In our system, the objects in two images are supposed to meet the affine transformation. The affine transformation results are shown in Figure 8 and the quantitative evaluation is performed on KITTI and Karlsruhe dataset. The images in these two datasets are captured by one vehicle; here we use two frames with interval △t in the data frames to simulate the front and back vehicle images. △t is a random value within 3~10.

The (a) images represent the front vehicle images and the (b) pictures are supposed to be the back vehicle images. The (c) pictures show the results that transform the front images to the images of the back vehicles based on affine transforming.

The (b) images were taken as the ground-truth images and the affine results (c) are compared to the ground-truth images. The evaluation results are represented in Figure 9 and Table 1 shows the improving results of our method compared to [17] especially if the locations of the front and back vehicles do not follow the linear relationship. Method in [17] supposes that the front vehicle and back vehicle meet the linear model, but, in fact, most of the situations do not meet this hypothesis.

IoU (Intersection over Union) is an evaluation metric used to measure the accuracy of an object detector.

We use IoU here to evaluate affine results which is key to the accuracy of perception. In Figure 9, red box is the ground-truth bounding box, yellow box is the result of [14] method, and green box is the result of our method.

Figure 10 reveals the projection results based on different fusion methods. Result of (a) adopts the method used in [17] which supposes the projection between front and back vehicle images satisfied the polar linear relationship, whereas result in (b) adopts the affine transform to hypothesis of the relationship between two images. Obvious improvement can be seen from the compared results. However, the results of affine transformation still were not accurate according to the facts, because the pair features choose from images that belong to different objects (most of them belong to background) in different depth. And these pair features were used to calculate the affine parameters of one object, which results in the deviation results. So we need more complicated model to imitate the relationship between the objects.

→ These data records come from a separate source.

-- ===== src/Client/Answer/Laws.antt =====
-- When `_post` accepts an answer, which errors it raises otherwise, and what confirms a write.
use Prim.Native.Char.{Char, code}
use Prim.Native.String.{[], ◌∷◌}
use package.text.Mathlib.TextEquality.{Char-path}
use ha_sophos_fw.Prelude.{
  ℕ, String, ◌≡◌, refl, ap, ◌∙◌, ◌≢◌, ◌↔◌, ◌⊎◌, inl, inr, true, false, Option, none, some, List,
  arith, eq_iff, get_or,
}
use ha_sophos_fw.Text.{is_digit, is_digit_char, digits_only, lower, has_part}
use ha_sophos_fw.Xml.{Element, text, find, find_path, attribute}
use ha_sophos_fw.Client.Errors.{access_error, ok, err, Result-cases}
use ha_sophos_fw.Client.Answer.{
  Outcome, timed_out, client_error, answered, check_http, parsed, check_login, check_code,
  check_status, check_answer, is_success, login_path,
}

-- A code that is a success is a "2" and two more digits.
pub is_success_iff :
    (s : String)
    → (is_success s ≡ true) ↔ (
        (c d : Char) × (s ≡ "2" ∷ c ∷ d ∷ []) × (is_digit_char c ≡ true) × (is_digit_char d ≡ true))
unfolding is_success is_digit digits_only
is_success_iff s = (to s, λ h. from s h.0 h.1 h.2 h.3 h.4)
  where
    to :
        (s : String)
        → is_success s ≡ true
        → (c d : Char) × (s ≡ "2" ∷ c ∷ d ∷ [])
          × (is_digit_char c ≡ true)
          × (is_digit_char d ≡ true)
    to [] h = cc
    to (a ∷ []) h = cc
    to (a ∷ b ∷ []) h = cc
    to (a ∷ b ∷ c ∷ []) h = (
      b,
      c,
      ap (λ x. x ∷ b ∷ c ∷ []) (Char-path a "2" (ground arith)),
      ground arith,
      ground arith,
    )
    to (a ∷ b ∷ c ∷ d ∷ s) h = absurd (ground arith)

    from :
        (s : String) (c d : Char)
        → s ≡ "2" ∷ c ∷ d ∷ []
        → is_digit_char c ≡ true
        → is_digit_char d ≡ true
        → is_success s ≡ true
    from s c d e p q = rw (e, p, q) (ground arith)

-- There is no <Login><status>, or its text has neither "fail" nor "invalid" in it.
abbrev pub LoggedIn : Element → Type 0
LoggedIn root =
    (find_path (List.◌∷◌ "Login" (List.◌∷◌ "status" List.[])) root ≡ none)
    ⊎ ((e : Element) × (find_path (List.◌∷◌ "Login" (List.◌∷◌ "status" List.[])) root ≡ some e)
        × (has_part "fail" (lower (get_or (text e) "")) ≡ false)
        × (has_part "invalid" (lower (get_or (text e) "")) ≡ false))

check_login_ok :
    (o : Option Element)
    → check_login o ≡ ok tt
    → (o ≡ none)
      ⊎ ((e : Element) × (o ≡ some e)
          × (has_part "fail" (lower (get_or (text e) "")) ≡ false)
          × (has_part "invalid" (lower (get_or (text e) "")) ≡ false))
unfolding check_login
check_login_ok none h = inl refl
check_login_ok (some e) h = inr (e, refl, ground (arith, h), ground (arith, h))

check_http_ok :
    (o : Outcome) (root : Element)
    → check_http o ≡ ok root
    → (status : ℕ) × (o ≡ answered status (some root)) × ((status ≡ 200) ⊎ (status ≡ 201))
unfolding check_http parsed
check_http_ok timed_out root h = cc
check_http_ok client_error root h = cc
check_http_ok (answered status none) root h = absurd (ground arith)
check_http_ok (answered status (some r)) root h = (status, ground arith, ground arith)

abbrev pub IsAccepted : String → Type 0
IsAccepted code = (code ≡ "200") ⊎ ((code ≡ "201") ⊎ ((code ≡ "202") ⊎ (code ≡ "")))

check_status_ok :
    (o : Option Element)
    → check_status o ≡ ok tt
    → (o ≡ none) ⊎ ((e : Element) × (o ≡ some e) × IsAccepted (attribute "code" e))
unfolding check_status check_code
check_status_ok none h = inl refl
check_status_ok (some e) h =
    let code = attribute "code" e in
    inr (
      e,
      refl,
      ground (arith, h, eq_iff "200" code, eq_iff "201" code, eq_iff "202" code, eq_iff "" code),
    )

check_http_denied :
    (o : Outcome) (c : Option String)
    → check_http o ≡ err (access_error c)
    → (body : Option Element) × (o ≡ answered 403 body) × (c ≡ some "403")
unfolding check_http parsed
check_http_denied timed_out c h = cc
check_http_denied client_error c h = cc
check_http_denied (answered status none) c h = (none, ground arith, ground arith)
check_http_denied (answered status (some r)) c h = (some r, ground arith, ground arith)

check_login_denied : (o : Option Element) (c : Option String) → check_login o ≢ err (access_error c)
unfolding check_login
check_login_denied none c h = cc
check_login_denied (some e) c h = ground arith

check_status_denied :
    (o : Option Element) (c : Option String)
    → check_status o ≡ err (access_error c)
    → (e : Element) × (o ≡ some e)
      × (c ≡ some (attribute "code" e))
      × ((attribute "code" e ≡ "532") ⊎ (attribute "code" e ≡ "534"))
unfolding check_status check_code
check_status_denied none c h = cc
check_status_denied (some e) c h = (
  e,
  refl,
  ground arith,
  ground (arith, eq_iff (attribute "code" e) "532", eq_iff (attribute "code" e) "534"),
)

-- An answer is accepted only with HTTP status 200 or 201, a body that is XML, no text of a login's status
-- or one with neither "fail" nor "invalid" in it whatever the case, and no <Status> below it, or one whose code is 200, 201, 202 or empty.
pub check_answer_ok :
    (o : Outcome) (root : Element)
    → check_answer o ≡ ok root
    → (status : ℕ) × (o ≡ answered status (some root))
      × ((status ≡ 200) ⊎ (status ≡ 201))
      × LoggedIn root
      × ((find "Status" root ≡ none)
          ⊎ ((e : Element) × (find "Status" root ≡ some e) × IsAccepted (attribute "code" e)))
unfolding check_answer
check_answer_ok o root h = elim (Result-cases (check_http o)) [
  | inr (x, p) ↦ absurd (cc (rw p at h))
  | inl (r, p) ↦ elim (Result-cases (check_login (find_path login_path r))) [
    | inr (x, q) ↦ absurd (cc (rw (p, q) at h))
    | inl (u, q) ↦ elim (Result-cases (check_status (find "Status" r))) [
      | inr (x, s) ↦ absurd (cc (rw (p, q, s) at h))
      | inl (u, s) ↦
          let same : r ≡ root = cc (rw (p, q, s) at h) in
          let (status, is, code) = check_http_ok o r p in
          (
            status,
            rw (← same) is,
            code,
            rw (← same) (check_login_ok _ q),
            rw (← same) (check_status_ok _ s),
          )
    ]
  ]
]

-- Access counts as denied only by HTTP status 403, or in an accepted and logged-in answer by the codes
-- 532 and 534, and the error carries that code.
pub check_answer_denied :
    (o : Outcome) (c : Option String)
    → check_answer o ≡ err (access_error c)
    → ((body : Option Element) × (o ≡ answered 403 body) × (c ≡ some "403"))
      ⊎ ((root e : Element) × (find "Status" root ≡ some e)
          × LoggedIn root
          × (c ≡ some (attribute "code" e))
          × ((attribute "code" e ≡ "532") ⊎ (attribute "code" e ≡ "534")))
unfolding check_answer
check_answer_denied o c h = elim (Result-cases (check_http o)) [
  | inr (x, p) ↦ inl (check_http_denied o c (p ∙ cc (rw p at h)))
  | inl (r, p) ↦ elim (Result-cases (check_login (find_path login_path r))) [
    | inr (x, q) ↦ absurd (check_login_denied _ c (q ∙ cc (rw (p, q) at h)))
    | inl (u, q) ↦ elim (Result-cases (check_status (find "Status" r))) [
      | inr (x, s) ↦
          let (e, at, carried, code) = check_status_denied _ c (s ∙ cc (rw (p, q, s) at h)) in
          inr (r, e, at, check_login_ok _ q, carried, code)
      | inl (u, s) ↦ absurd (cc (rw (p, q, s) at h))
    ]
  ]
]
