-- ===== src/Xml/Value.antt =====
-- The nested dict of one XML record, and reading it (sophos_client.py: _elem_to_dict, _text, _path).
use ha_sophos_fw.Prelude.{
  String, Bool, true, false, Option, none, some, List, [], ◌∷◌, ◌==◌, if◌then◌else◌, get_or,
}
use ha_sophos_fw.Text.{strip, lower, non_empty}
use ha_sophos_fw.Xml.{Element, Children, node, nil as no_children, cons as child, tag}

mutual
  pub data Value : Type 0 where
    leaf : String → Value
    dict : Fields → Value
    list : Values → Value

  pub data Values : Type 0 where
    nil : Values
    cons : Value → Values → Values

  -- A dict in insertion order.
  pub data Fields : Type 0 where
    end : Fields
    field : String → Value → Fields → Fields

abbrev pub get : String → Fields → Option Value
get k end = none
get k (field j v d) = if j == k then some v else get k d

abbrev pub put : String → Value → Fields → Fields
put k v end = field k v end
put k v (field j w d) = let rest = put k v d in if j == k then field j v d else field j w rest

abbrev pub append : Values → Value → Values
append nil w = cons w nil
append (cons v vs) w = cons v (append vs w)

-- The value that a tag has after one more child with that tag.
abbrev pub one_more : Option Value → Value → Value
one_more none v = v
one_more (some (list vs)) v = list (append vs v)
one_more (some w) v = list (cons w (cons v nil))

abbrev pub add_child : String → Value → Fields → Fields
add_child t v d = put t (one_more (get t d) v) d

abbrev has_children : Children → Bool
has_children no_children = false
has_children (child c cs) = true

unfoldable mutual
  -- The loop of `_elem_to_dict` over the children.
  pub collect : Children → Fields → Fields
  collect no_children d = d
  collect (child c cs) d = collect cs (add_child (tag c) (child_value c) d)

  pub child_value : Element → Value
  child_value (node t a x cs) =
      let inner = collect cs end in if has_children cs then dict inner else leaf (get_or x "")

-- `_elem_to_dict`
unfoldable pub elem_to_dict : Element → Fields
unfolding collect
elem_to_dict (node t a x cs) = collect cs end

-- `_text`: a leaf's stripped text, or none if it is missing, empty or not a leaf.
leaf_text : Option Value → Option String
leaf_text (some (leaf s)) = non_empty (strip s)
leaf_text v = none

unfoldable pub text_of : Fields → String → Option String
unfolding leaf_text
text_of record_dict key = leaf_text (get key record_dict)

-- `_path`: nested dicts, with the empty dict for anything unexpected.
dict_or_end : Option Value → Fields
dict_or_end (some (dict d)) = d
dict_or_end v = end

unfoldable pub path_of : Fields → List String → Fields
unfolding dict_or_end
path_of d [] = d
path_of d (k ∷ ks) = path_of (dict_or_end (get k d)) ks

-- `_equals`
unfoldable pub equals : Option String → String → Option Bool
equals none expected = none
equals (some v) expected = some (lower v == lower expected)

6.4. Object Fusion Results

Affine transformation is supposed to satisfy the relationship between front and back vehicles, so the augmented fusion can be done based on the above calculated affine parameters. Figure 11 reveals the final fusion results. If the front vehicle (vehicle B) detected the object on street, it will send its image B to back vehicle (vehicle A) and the detected objects are fused in image A. The yellow rectangular shows the detected objects which are occluded by front vehicle B. The fusion process is to blend the pixels color in image A with the corresponding pixels of objects’ area in image B. The fusion region is a circle where the center is the center of the rectangular and we set the transparency parameter to be 1. The blending weight is adjusted to use more color from the front image close to the center and more color from the back image away from the center.

7. Conclusion

In this paper, we introduce a super perception system which can “see through” vehicle and detect the fully occluded street objects. Our perception system is a good example of advanced driver-assistance system (ADAS) that can collect information from sensors in neighbor vehicles. Our future research will focus on the algorithm on how to improve the accuracy of the projection model, which means correct location and correct size of the occluded objects after projecting from front image to the back image. We also will invent a performance evaluation method to evaluate the projection results of the system.

Data Availability

The data used to support the findings of this study are available from the corresponding author upon request.

Conflicts of Interest

The authors declare that they have no conflicts of interest.

Acknowledgments

This work was supported in part by the National Nature Science Foundation of China under Grants 61503349 and 61603357. The authors would like to thank Professor Shi Jinlong for helpful discussions. They also thank Professor Yuan-fang Wang for supplying dataset of [17] and helpful comments.